Given entries START

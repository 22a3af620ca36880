-- ===== src/Word/Filter.antt =====
-- xrbase/trieword/WordFilter.cpp: whether a text holds a word of the tree, and the text with such
-- words masked. Lower case, and the conversions between UTF-8 and wide characters
-- (xrbase/text/char_set.cpp), are arguments.
pub mod Masked
pub mod Censor
mod Tests
use libev_test.Base.{
  ℕ, zero, suc, ◌+◌, Bool, true, false, not, List, [], ◌∷◌, ◌++◌, Option, none, some, ltb, ◌==◌,
  if◌then◌else◌, length, take, drop,
}
use libev_test.Word.Tree.{Node, empty_root, insert, find}

-- `SHIELD_CHAR` and `SHIELD_WCHAR`
abbrev pub star : ℕ
star = 0x2a

pub record WordFilter : Type 0 where
  pub initialized : Bool
  pub tree : Node

-- The constructor, `Init` without a file, and `Clear`.
unfoldable pub create : WordFilter
create = record { initialized = false; tree = empty_root }

unfoldable pub init : WordFilter → WordFilter
init f = record f { initialized = true }

unfoldable pub clear : WordFilter → WordFilter
clear f = record { initialized = true; tree = empty_root }

-- `wstring::replace(i, n, L"*")`
abbrev pub mask_at : ℕ → ℕ → List ℕ → List ℕ
mask_at i n text = take i text ++ (star ∷ drop (i + n) text)

-- How the loop of `Censor` ends: with both texts, with the answer "*", or out of rounds.
pub data Masking : Type 0 where
  masked : List ℕ → List ℕ → Masking
  shielded : Masking
  spins : Masking

-- The loop of `Censor` over the text in lower case and the text itself.
censor_loop : ℕ → ℕ → Node → List ℕ → List ℕ → Masking
censor_loop zero i tree dest ret = spins
censor_loop (suc rounds) i tree dest ret =
    let (found, count) = find (drop i dest) tree in
    let masks = censor_loop rounds (i + 1) tree (mask_at i count dest) (mask_at i count ret) in
    let keeps = censor_loop rounds (i + 1) tree dest ret in
    if ltb i (length dest)
    then if found
      then if length (mask_at i count ret) == length (mask_at i count dest) then masks else shielded
      else keeps
    else masked dest ret

-- The loop of `IsCensor`, with the positions that are left.
check_loop : Node → List ℕ → ℕ → ℕ → Bool
check_loop tree dest i zero = true
check_loop tree dest i (suc left) =
    let rest = check_loop tree dest (i + 1) left in
    if (find (drop i dest) tree).0 then false else rest

module _ (lower to_wide to_utf8 : List ℕ → List ℕ) where
  -- `AddWordUft8`
  unfoldable pub add_word_utf8 : List ℕ → WordFilter → WordFilter × Bool
  add_word_utf8 word f =
      let dest = to_wide (lower word) in
      if not f.initialized
      then (f, true)
      else if length dest == 0
      then (f, false)
      else (record f { tree = insert dest f.tree }, true)

  -- `Censor`; none if the rounds ran out.
  unfoldable pub censor : ℕ → List ℕ → WordFilter → Option (List ℕ)
  unfolding censor_loop
  censor rounds source f =
      let dest = to_wide (lower source) in
      let ret = to_wide source in
      let shield = some (star ∷ []) in
      if not f.initialized
      then some source
      else if not (length dest == length ret)
      then shield
      else if length dest == 0
      then shield
      else elim (censor_loop rounds 0 f.tree dest ret) [
        | masked dest' ret' ↦ if length ret' == 0 then shield else some (to_utf8 ret')
        | shielded ↦ shield
        | spins ↦ none
      ]

  -- `IsCensor`
  pub is_censor : List ℕ → WordFilter → Bool
  unfolding check_loop
  is_censor source f =
      let dest = to_wide (lower source) in
      if not f.initialized
      then true
      else if length dest == 0
      then false
      else check_loop f.tree dest 0 (length dest)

Given entries END

* **Task instructions**: Tally the lines of the data that hold the string "zero". Answer with the number and nothing more.

* **Answer to this problem**: 3